- Original authors: Larry Gritz and other contributors
- Stable release: 3.1.12.0 / April 1, 2026; 3 months ago
- Written in: C++
- Operating system: Multiplatform
- Platform: Multiplatform
- Type: graphics software
- License: BSD (modified)
- Website: sites.google.com/site/openimageio/
- Repository: github.com/AcademySoftwareFoundation/OpenImageIO ;

= OpenImageIO =

Image processing software library

OpenImageIO is an open source library for reading and writing images. Support for different image formats is realised through plugins. The project is distributed with a modified BSD license.

== History ==
Project OpenImageIO started as ImageIO - an API that is part of Gelato, renderer software developed by nVidia. Work on ImageIO started in 2002. In the same year the specification of the API and its header files was released under BSD license. In 2007, when Gelato was discontinued, the development of ImageIO also ceased. After this, Larry Gritz, Gelato's lead developer, started a new project, OpenImageIO.

In April 2009 OpenImageIO was accepted into the Google Summer of Code program with four student slots.

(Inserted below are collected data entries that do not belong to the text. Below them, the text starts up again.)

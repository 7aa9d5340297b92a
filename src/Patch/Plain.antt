-- ===== src/Patch/Plain.antt =====
-- internal/tooling/patch.go: the temporary files stay files while the changes are committed.
use text.Mathlib.Text.{◌==◌ as str_eq}
use alt_tui.Prelude.{
  String, ◌≡◌, refl, ap, ◌∙◌, inl, inr, Bool, true, false, arith, eq_iff, Bool-cases,
}
use alt_tui.Patch.{Nodes, is_directory}
use alt_tui.Patch.Effects.{Aside, Written}

-- the temporary files that stand are no directories
abbrev pub IsPlain : (String → Bool) → Nodes → Type 0
IsPlain temporary f = (p : String) → temporary p ≡ true → is_directory (f p) ≡ false

pub Aside-IsPlain :
    (temporary : String → Bool) (moved : Bool) (a b : String) (f g : Nodes)
    → temporary b ≡ false
    → Aside moved a b f g
    → IsPlain temporary f
    → IsPlain temporary g
Aside-IsPlain temporary false a b f g away same plain p t =
    ap (λ h. is_directory (h p)) same ∙ plain p t
Aside-IsPlain temporary true a b f g away (n, at, empty, apart, same) plain p t =
    ap (λ h. is_directory (h p)) same ∙ elim (Bool-cases (str_eq b p)) [
      | inl e ↦ absurd (ground (arith, ap temporary ((eq_iff b p).0 e), t, away))
      | inr e ↦ elim (Bool-cases (str_eq a p)) [
        | inl i ↦ rw (e, i) refl
        | inr i ↦ rw (e, i) (plain p t)
      ]
    ]

pub Written-IsPlain :
    (temporary : String → Bool) (written : Bool) (temp new : String) (f g : Nodes)
    → temporary new ≡ false
    → Written written temp new f g
    → IsPlain temporary f
    → IsPlain temporary g
Written-IsPlain temporary false temp new f g away same plain p t =
    ap (λ h. is_directory (h p)) same ∙ plain p t
Written-IsPlain temporary true temp new f g away (n, has, at, file, empty, same) plain p t =
    ap (λ h. is_directory (h p)) same ∙ elim (Bool-cases (str_eq new p)) [
      | inl e ↦ absurd (ground (arith, ap temporary ((eq_iff new p).0 e), t, away))
      | inr e ↦ elim (Bool-cases (str_eq temp p)) [
        | inl i ↦ rw (e, i) refl
        | inr i ↦ rw (e, i) (plain p t)
      ]
    ]
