-- ===== src/Patch/Publish.antt =====
-- internal/tooling/patch.go: what the publication of a staged file does.
use alt_tui.Prelude.{
  ℕ, String, ◌≡◌, refl, sym, ap, ◌∙◌, inl, inr, none, Bool, true, false, arith, Bool-cases,
  if◌then◌else◌, subst,
}
use alt_tui.Patch.{
  Disk, called, StagedChange, has_path, is_directory, rename, Outcome, publish, published,
}
use alt_tui.Patch.Effects.{Written}
use alt_tui.Patch.Steps.{IsFresh, IsApart, Renamed, unmoved, moved_to, rename-Renamed}

module _ (faults : ℕ → Bool) (backup_path : ℕ → String → String) where
  -- the publication of a change, by what it did
  pub record Published (x : StagedChange) (d : Disk) (o : Outcome faults backup_path) : Type 0 where
    pub change : o.0 ≡ record x {
      temp_path = if o.0.new_written then "" else x.temp_path;
      new_written = o.0.new_written;
    }
    pub written : Written o.0.new_written x.temp_path x.plan.new_path d.nodes o.1.nodes
    pub fresh : IsFresh faults backup_path o.1

  pub unpublished :
      (x : StagedChange) (d e : Disk) (go : Bool)
      → x.new_written ≡ false
      → e.nodes ≡ d.nodes
      → IsFresh faults backup_path e
      → Published x d (x, e, go)
  unpublished x d e go unwritten same fresh = record {
    change = rw unwritten refl;
    written =
        subst (λ b. Written b x.temp_path x.plan.new_path d.nodes e.nodes) (sym unwritten) same;
    fresh = fresh;
  }

  pub Renamed-Published :
      (x : StagedChange) (d : Disk) (r : Disk × Bool)
      → x.new_written ≡ false
      → has_path x.temp_path ≡ true
      → is_directory (d.nodes x.temp_path) ≡ false
      → d.nodes x.plan.new_path ≡ none
      → IsApart faults backup_path x.plan.new_path
      → IsFresh faults backup_path d
      → Renamed faults backup_path x.temp_path x.plan.new_path d r
      → Published x d (published faults backup_path x r)
  Renamed-Published x d r unwritten has plain empty apart fresh unmoved =
      unpublished x d (called d) false unwritten refl (λ n p le. fresh n p le)
  Renamed-Published x d r unwritten has plain empty apart fresh (moved_to n at) = record {
    change = refl;
    written = (n, has, at, ap is_directory (sym at) ∙ plain, empty, refl);
    fresh = λ m p le. rw (apart m p) (ground (arith, fresh m p le));
  }

  pub publish-Published :
      (x : StagedChange) (d : Disk)
      → x.new_written ≡ false
      → (x.plan.is_delete ≡ false → has_path x.temp_path ≡ true)
      → (x.plan.is_delete ≡ false → is_directory (d.nodes x.temp_path) ≡ false)
      → (x.plan.is_delete ≡ false → d.nodes x.plan.new_path ≡ none)
      → IsApart faults backup_path x.plan.new_path
      → IsFresh faults backup_path d
      → Published x d (publish faults backup_path x d)
  unfolding publish
  publish-Published x d unwritten has plain empty apart fresh = elim (Bool-cases x.plan.is_delete) [
    | inl e ↦ chosen true e (unpublished x d d true unwritten refl fresh)
    | inr e ↦ chosen false e (
        Renamed-Published x d _ unwritten (has e) (plain e) (empty e) apart fresh
          (rename-Renamed faults backup_path x.temp_path x.plan.new_path d))
  ]
    where
      chosen :
          (b : Bool)
          → x.plan.is_delete ≡ b
          → Published x d (
              if b
              then (x, d, true)
              else published faults backup_path x
                  (rename faults backup_path x.temp_path x.plan.new_path d))
          → Published x d (publish faults backup_path x d)
      chosen b e h =
          subst
            (λ c. Published x d (
              if c
              then (x, d, true)
              else published faults backup_path x
                  (rename faults backup_path x.temp_path x.plan.new_path d)))
            (sym e) h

September 2009 marked the release of Cloudy with a Chance of Meatballs, the first full-length feature film in whose production OpenImageIO, alongside Open Shading Language, was used as the texturing engine.

== Applications ==
OpenImageIO library comes with a few applications that demonstrate its features:
- iconvert - converts image files from one format to another
- idiff - compare two images, print information on how much they differ
- iinfo - prints basic (width and height of the image and its color depth) or detailed (metadata) information about the given image
- igrep - searches images for matching metadata
- iv - a simple image viewer
- maketx - a mipmap generation tool

== Supported formats ==
As of January 2018 the library supports the following formats: OpenEXR, HDR/RGBE, TIFF, JPEG/JFIF, PNG, Truevision TGA, BMP, ICO, FITS as well as BMP, JPEG-2000, RMan Zfile, FITS, DDS, Softimage PIC, PNM, DPX, Cineon, IFF, Field3D, Ptex, Photoshop PSD, Wavefront RLA, SGI, WebP, GIF. In addition, video files are supported through FFmpeg and raw camera formats are supported through LibRaw.